WORK REQUEST ▸ Give again, word for word, every line in the entries below from the line with "patch_lines lines es" up to and including the line with "elim (patch_lines (splitlines", and no other line.

»»

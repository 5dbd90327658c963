-- ===== src/CodeEdit/Patcher.antt =====
-- code_edit/patcher.py: replacements of ranges of lines.
pub mod Ranges
use plugin_baselithbot.Text.{is_empty}
use plugin_baselithbot.Dict.{Dict, get, put}
use plugin_baselithbot.Lists.{length, drop}
use plugin_baselithbot.Common.{
  ℕ, ◌-◌, String, ◌⊎◌, inl, inr, Bool, false, Option, none, some, List, [], ◌∷◌, ◌++◌, ltb, leb,
  eqb, if◌then◌else◌,
}
use Prim.Native.Char.{code}
use plugin_baselithbot.Strings.{joined}
use plugin_baselithbot.CodeEdit.Lines.{splitlines, join, take}
use plugin_baselithbot.ComputerUse.Config.{ComputerUseError}
use plugin_baselithbot.ComputerUse.Paths.{Host}
use plugin_baselithbot.ComputerUse.Filesystem.{
  ScopedFileSystem, Result, ok, refused, raised, read, write,
}

pub record LineRangeEdit : Type 0 where
  pub path : String
  pub start_line : ℕ
  pub end_line : ℕ
  pub replacement : String

-- The reasons of the ComputerUseErrors that the patcher raises itself, beside those of the file system.
pub data PatchError : Type 0 where
  reversed_range out_of_range : LineRangeEdit → PatchError
  refusal : ComputerUseError → PatchError
  host_error : String → PatchError

-- grouped.setdefault(edit.path, []).append(edit)
abbrev pub grouped_with : Dict (List LineRangeEdit) → LineRangeEdit → Dict (List LineRangeEdit)
unfolding get put
grouped_with d e = elim (get d e.path) [
  | none ↦ put d e.path (e ∷ [])
  | some es ↦ put d e.path (es ++ e ∷ [])
]

-- The edits by path, or the first whose range is reversed.
unfoldable pub group :
    Dict (List LineRangeEdit)
    → List LineRangeEdit
    → Dict (List LineRangeEdit) × Option LineRangeEdit
unfolding get put
group d [] = (d, none)
group d (e ∷ es) =
    let rest = group (grouped_with d e) es in
    if ltb e.end_line e.start_line then (d, some e) else rest

-- sorted(file_edits, key=lambda e: e.start_line, reverse=True), which keeps the order of equal keys
unfoldable pub insert_edit : LineRangeEdit → List LineRangeEdit → List LineRangeEdit
insert_edit e [] = e ∷ []
insert_edit e (x ∷ xs) = if leb x.start_line e.start_line then e ∷ x ∷ xs else x ∷ insert_edit e xs

unfoldable pub sort_edits : List LineRangeEdit → List LineRangeEdit
unfolding insert_edit
sort_edits [] = []
sort_edits (e ∷ es) = insert_edit e (sort_edits es)

-- s.endswith("\n")
unfoldable pub ends_line : String → Bool
ends_line String.[] = false
ends_line (String.◌∷◌ c s) = if is_empty s then eqb (code c) 10 else ends_line s

-- The line break that the last line gets.
unfoldable pub end_last : List String → List String
unfolding ends_line joined
end_last [] = []
end_last (l ∷ []) = (if ends_line l then l else joined l "\n") ∷ []
end_last (l ∷ m ∷ ls) = l ∷ end_last (m ∷ ls)

-- The lines of a replacement; `followed` is whether lines stand behind the range.
unfoldable pub replacement_lines : LineRangeEdit → Bool → List String
unfolding splitlines end_last
replacement_lines e followed =
    let ls = if is_empty e.replacement then [] else splitlines e.replacement in
    if followed then end_last ls else ls

-- One edit of the lines of a file; none if it is out of range.
unfoldable pub apply_edit : List String → LineRangeEdit → Option (List String)
unfolding replacement_lines take
apply_edit lines e =
    let start = e.start_line - 1 in
    if leb (length lines) start
    then none
    else some (
        take start lines
        ++ replacement_lines e (ltb e.end_line (length lines))
        ++ drop e.end_line lines)

-- The loop over the edits of a file, or the edit that is out of range.
pub data Patched : Type 0 where
  lines_are : List String → Patched
  stops_at : LineRangeEdit → Patched

unfoldable pub apply_edits : List String → List LineRangeEdit → Patched
unfolding apply_edit
apply_edits lines [] = lines_are lines
apply_edits lines (e ∷ es) = elim (apply_edit lines e) [
  | none ↦ stops_at e
  | some lines' ↦ apply_edits lines' es
]

unfoldable pub patch_lines : List String → List LineRangeEdit → Patched
unfolding sort_edits apply_edits
patch_lines lines es = apply_edits lines (sort_edits es)

-- A file that was patched: its path, the number of its edits, and the bytes written.
abbrev pub PatchedFile : Type 0
PatchedFile = String × ℕ × ℕ

module _ (H : Host) where
  unfoldable pub patch_file :
      ScopedFileSystem H
      → String
      → List LineRangeEdit
      → ℕ
      → ScopedFileSystem H × (PatchError ⊎ PatchedFile)
  unfolding read write patch_lines splitlines join
  patch_file f path es now =
      let (g, current) = read H f path now in
      elim current [
        | refused e ↦ (g, inl (refusal e))
        | raised n ↦ (g, inl (host_error n))
        | ok r ↦ elim (patch_lines (splitlines r.content) es) [
          | stops_at e ↦ (g, inl (out_of_range e))
          | lines_are lines ↦
              let (h, written) = write H g path (join lines) now in
              elim written [
                | refused e ↦ (h, inl (refusal e))
                | raised n ↦ (h, inl (host_error n))
                | ok w ↦ (h, inr (path, length es, w.bytes_written))
              ]
        ]
      ]

  unfoldable pub patch_each :
      ScopedFileSystem H
      → Dict (List LineRangeEdit)
      → List PatchedFile
      → ℕ
      → ScopedFileSystem H × (PatchError ⊎ List PatchedFile)
  unfolding patch_file
  patch_each f [] out now = (f, inr out)
  patch_each f ((path, es) ∷ rest) out now =
      let (g, result) = patch_file f path es now in
      let goes = λ (p : PatchedFile). patch_each g rest (out ++ p ∷ []) now in
      elim result [ inl error ↦ (g, inl error) | inr p ↦ goes p ]

  unfoldable pub apply :
      ScopedFileSystem H
      → List LineRangeEdit
      → ℕ
      → ScopedFileSystem H × (PatchError ⊎ List PatchedFile)
  unfolding group patch_each
  apply f edits now =
      let (grouped, bad) = group [] edits in
      elim bad [ some e ↦ (f, inl (reversed_range e)) | none ↦ patch_each f grouped [] now ]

««

EXERCISE SOLUTION ▸
patch_lines lines es = apply_edits lines (sort_edits es)

-- A file that was patched: its path, the number of its edits, and the bytes written.
abbrev pub PatchedFile : Type 0
PatchedFile = String × ℕ × ℕ

module _ (H : Host) where
  unfoldable pub patch_file :
      ScopedFileSystem H
      → String
      → List LineRangeEdit
      → ℕ
      → ScopedFileSystem H × (PatchError ⊎ PatchedFile)
  unfolding read write patch_lines splitlines join
  patch_file f path es now =
      let (g, current) = read H f path now in
      elim current [
        | refused e ↦ (g, inl (refusal e))
        | raised n ↦ (g, inl (host_error n))
        | ok r ↦ elim (patch_lines (splitlines r.content) es) [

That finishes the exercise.